• _DATA EXTRACTS_:
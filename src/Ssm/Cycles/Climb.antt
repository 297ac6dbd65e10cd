-- ===== src/Ssm/Cycles/Climb.antt =====
-- packages/ssm-compiler/src/compile.ts, `findCycles`: the `while` loop that climbs the parents of
-- one asset.
use matchline.Base.{
  ◌≡◌, refl, sym, ap, ◌∙◌, inl, inr, ◌⊎◌, ℕ, zero, suc, ◌+◌, ◌<◌, ◌≤◌, true, false, List, [], ◌∷◌,
  ◌++◌, Option, none, some, if◌then◌else◌, arith, Text, text_eq, text_beq_iff, Map, get, has, keys,
  put, put_of_new, length, includes, includes-append, Bool-cases, subst,
}
use matchline.Ssm.Cycles.{Climbing, climbs_on, stepped, climb, start_path}

-- The first element, or what follows the list.
abbrev pub head_or : List Text → Option Text → Option Text
head_or [] end = end
head_or (x ∷ xs) end = some x

-- Each asset of the path has the next one as its parent, and the last has `end`.
abbrev pub Linked : Map Text Text → List Text → Option Text → Type 0
Linked parent_of [] end = Unit
Linked parent_of (x ∷ xs) end = (get parent_of x ≡ head_or xs end) × Linked parent_of xs end

Linked-concat :
    (parent_of : Map Text Text) (xs : List Text) (c : Text)
    → Linked parent_of xs (some c)
    → Linked parent_of (xs ++ c ∷ []) (get parent_of c)
Linked-concat parent_of [] c _ = (refl, tt)
Linked-concat parent_of (x ∷ []) c (e, l) = (e, (refl, tt))
Linked-concat parent_of (x ∷ y ∷ xs) c (e, l) = (e, Linked-concat parent_of (y ∷ xs) c l)

head_or-concat :
    (xs : List Text) (c : Text) (end : Option Text)
    → head_or (xs ++ c ∷ []) end ≡ head_or xs (some c)
head_or-concat [] c end = refl
head_or-concat (x ∷ xs) c end = refl

-- The places of a path's elements.
abbrev pub numbered_from : ℕ → List Text → Map Text ℕ
numbered_from n [] = []
numbered_from n (x ∷ xs) = (x, n) ∷ numbered_from (suc n) xs

numbered_from-concat :
    (n : ℕ) (xs : List Text) (c : Text)
    → numbered_from n (xs ++ c ∷ []) ≡ numbered_from n xs ++ (c, length xs + n) ∷ []
numbered_from-concat n [] c = ground arith
numbered_from-concat n (x ∷ xs) c = ground (arith, numbered_from-concat (suc n) xs c)

pub keys-numbered_from : (n : ℕ) (xs : List Text) → keys (numbered_from n xs) ≡ xs
keys-numbered_from n [] = refl
keys-numbered_from n (x ∷ xs) = ap (◌∷◌ x) (keys-numbered_from (suc n) xs)

-- How many assets the path has not met.
abbrev unvisited : List Text → List Text → ℕ
unvisited path [] = 0
unvisited path (x ∷ ids) = if includes path x then unvisited path ids else suc (unvisited path ids)

unvisited-concat_le :
    (path : List Text) (c : Text) (ids : List Text)
    → unvisited (path ++ c ∷ []) ids ≤ unvisited path ids
unvisited-concat_le path c [] = omega arith
unvisited-concat_le path c (x ∷ ids) =
    ground (arith, unvisited-concat_le path c ids, includes-append path (c ∷ []) x)

unvisited-concat_lt :
    (path : List Text) (c : Text) (ids : List Text)
    → includes ids c ≡ true
    → includes path c ≡ false
    → unvisited (path ++ c ∷ []) ids < unvisited path ids
unvisited-concat_lt path c [] i n = cc
unvisited-concat_lt path c (x ∷ ids) i n = ground (
  arith,
  unvisited-concat_lt path c ids,
  unvisited-concat_le path c ids,
  includes-append path (c ∷ []) x,
  text_beq_iff x c,
  text_beq_iff c x,
)

unvisited-nil : (ids : List Text) → unvisited [] ids ≡ length ids
unvisited-nil [] = refl
unvisited-nil (x ∷ ids) = ap suc (unvisited-nil ids)

abbrev InsideOf : List Text → Option Text → Type 0
InsideOf ids none = Unit
InsideOf ids (some x) = includes ids x ≡ true

has-numbered_from :
    (path : List Text) (positions : Map Text ℕ) (c : Text)
    → positions ≡ numbered_from 0 path
    → has positions c ≡ includes path c
has-numbered_from path positions c e = rw (e, keys-numbered_from 0 path) refl

numbered_step :
    (path : List Text) (positions : Map Text ℕ) (c : Text)
    → positions ≡ numbered_from 0 path
    → has positions c ≡ false
    → put positions c (length path) ≡ numbered_from 0 (path ++ c ∷ [])
numbered_step path positions c e new =
    put_of_new positions c (length path) new ∙ rw (e, numbered_from-concat 0 path c) (ground arith)

new_of_climbs :
    (settled : List Text) (s : Climbing) (c : Text)
    → climbs_on settled s (some c) ≡ true
    → has s.position_in_path c ≡ false
unfolding climbs_on
new_of_climbs settled s c on = ground arith

pub met_of_done :
    (settled : List Text) (s : Climbing) (c : Text)
    → climbs_on settled s (some c) ≡ false
    → (includes settled c ≡ true) ⊎ (has s.position_in_path c ≡ true)
unfolding climbs_on
met_of_done settled s c done = ground arith

module _ (parent_of : Map Text Text) (ids : List Text)
    (closed_under : (x y : Text) → get parent_of x ≡ some y → includes ids y ≡ true)
    (settled : List Text) (start_id : Text) where
  -- The state of the loop: a chain of parents from the start.
  pub record IsClimbing (s : Climbing) : Type 0 where
    pub numbered : s.position_in_path ≡ numbered_from 0 s.path
    pub linked : Linked parent_of s.path s.current
    pub started : head_or s.path s.current ≡ some start_id
    pub inside : InsideOf ids s.current

  parent_inside : (x : Text) (o : Option Text) → get parent_of x ≡ o → InsideOf ids o
  parent_inside x none e = tt
  parent_inside x (some y) e = closed_under x y e

  stepped-IsClimbing :
      (s : Climbing) (c : Text)
      → IsClimbing s
      → s.current ≡ some c
      → has s.position_in_path c ≡ false
      → IsClimbing (stepped parent_of s (some c))
  stepped-IsClimbing s c w e new = record {
    numbered = numbered_step s.path s.position_in_path c w.numbered new;
    linked = Linked-concat parent_of s.path c (rw e at w.linked);
    started = head_or-concat s.path c (get parent_of c) ∙ rw (← e) w.started;
    inside = parent_inside c (get parent_of c) refl;
  }

  start_path-IsClimbing : includes ids start_id ≡ true → IsClimbing (start_path start_id)
  start_path-IsClimbing i = record { numbered = refl; linked = tt; started = refl; inside = i }

  climb-done :
      (fuel : ℕ) (s : Climbing)
      → IsClimbing s
      → unvisited s.path ids < fuel
      → IsClimbing (climb fuel parent_of settled s)
        × (climbs_on settled
              (climb fuel parent_of settled s)
              (climb fuel parent_of settled s).current
            ≡ false)
  unfolding climb climbs_on
  climb-done zero s w h = ground arith
  climb-done (suc fuel) s w h = elim (Bool-cases (climbs_on settled s s.current)) [
    | inl on ↦ rw on (climbs (climb-done fuel) s.current refl on)
    | inr off ↦ rw off (w, off)
  ]
    where
      climbs :
          ((t : Climbing)
            → IsClimbing t
            → unvisited t.path ids < fuel
            → IsClimbing (climb fuel parent_of settled t)
              × (climbs_on settled
                    (climb fuel parent_of settled t)
                    (climb fuel parent_of settled t).current
                  ≡ false))
          → (o : Option Text) → s.current ≡ o
          → climbs_on settled s o ≡ true
          → IsClimbing (climb fuel parent_of settled (stepped parent_of s o))
            × (climbs_on settled
                  (climb fuel parent_of settled (stepped parent_of s o))
                  (climb fuel parent_of settled (stepped parent_of s o)).current
                ≡ false)
      climbs ih none e on = cc
      climbs ih (some c) e on =
          let new = new_of_climbs settled s c on in
          let met : includes ids c ≡ true = subst (InsideOf ids) e w.inside in
          let less =
            unvisited-concat_lt s.path c ids met
              (sym (has-numbered_from s.path s.position_in_path c w.numbered) ∙ new) in
          ih (stepped parent_of s (some c)) (stepped-IsClimbing s c w e new)
            (omega (arith, less, h))

  -- From an asset of the compile, the loop ends by its own test, with a unit of fuel per asset and one
  -- more.
  pub climbed :
      includes ids start_id ≡ true
      → IsClimbing (climb (suc (length ids)) parent_of settled (start_path start_id))
        × (climbs_on settled
              (climb (suc (length ids)) parent_of settled (start_path start_id))
              (climb (suc (length ids)) parent_of settled (start_path start_id)).current
            ≡ false)
  climbed i =
      climb-done (suc (length ids)) (start_path start_id) (start_path-IsClimbing i)
        (omega (arith, unvisited-nil ids))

• _ASSIGNMENT_:
Your answer must consist solely of the lines from the top of the entries above through the line containing "[]) (get parent_of c)", copied exactly, both ends included.

• _OUTPUT OF THE TASK_:
filename src/Ssm/Cycles/Climb.antt
repository 297ac6dbd65e10cd
-- ===== src/Ssm/Cycles/Climb.antt =====
-- packages/ssm-compiler/src/compile.ts, `findCycles`: the `while` loop that climbs the parents of
-- one asset.
use matchline.Base.{
  ◌≡◌, refl, sym, ap, ◌∙◌, inl, inr, ◌⊎◌, ℕ, zero, suc, ◌+◌, ◌<◌, ◌≤◌, true, false, List, [], ◌∷◌,
  ◌++◌, Option, none, some, if◌then◌else◌, arith, Text, text_eq, text_beq_iff, Map, get, has, keys,
  put, put_of_new, length, includes, includes-append, Bool-cases, subst,
}
use matchline.Ssm.Cycles.{Climbing, climbs_on, stepped, climb, start_path}

-- The first element, or what follows the list.
abbrev pub head_or : List Text → Option Text → Option Text
head_or [] end = end
head_or (x ∷ xs) end = some x

-- Each asset of the path has the next one as its parent, and the last has `end`.
abbrev pub Linked : Map Text Text → List Text → Option Text → Type 0
Linked parent_of [] end = Unit
Linked parent_of (x ∷ xs) end = (get parent_of x ≡ head_or xs end) × Linked parent_of xs end

Linked-concat :
    (parent_of : Map Text Text) (xs : List Text) (c : Text)
    → Linked parent_of xs (some c)
    → Linked parent_of (xs ++ c ∷ []) (get parent_of c)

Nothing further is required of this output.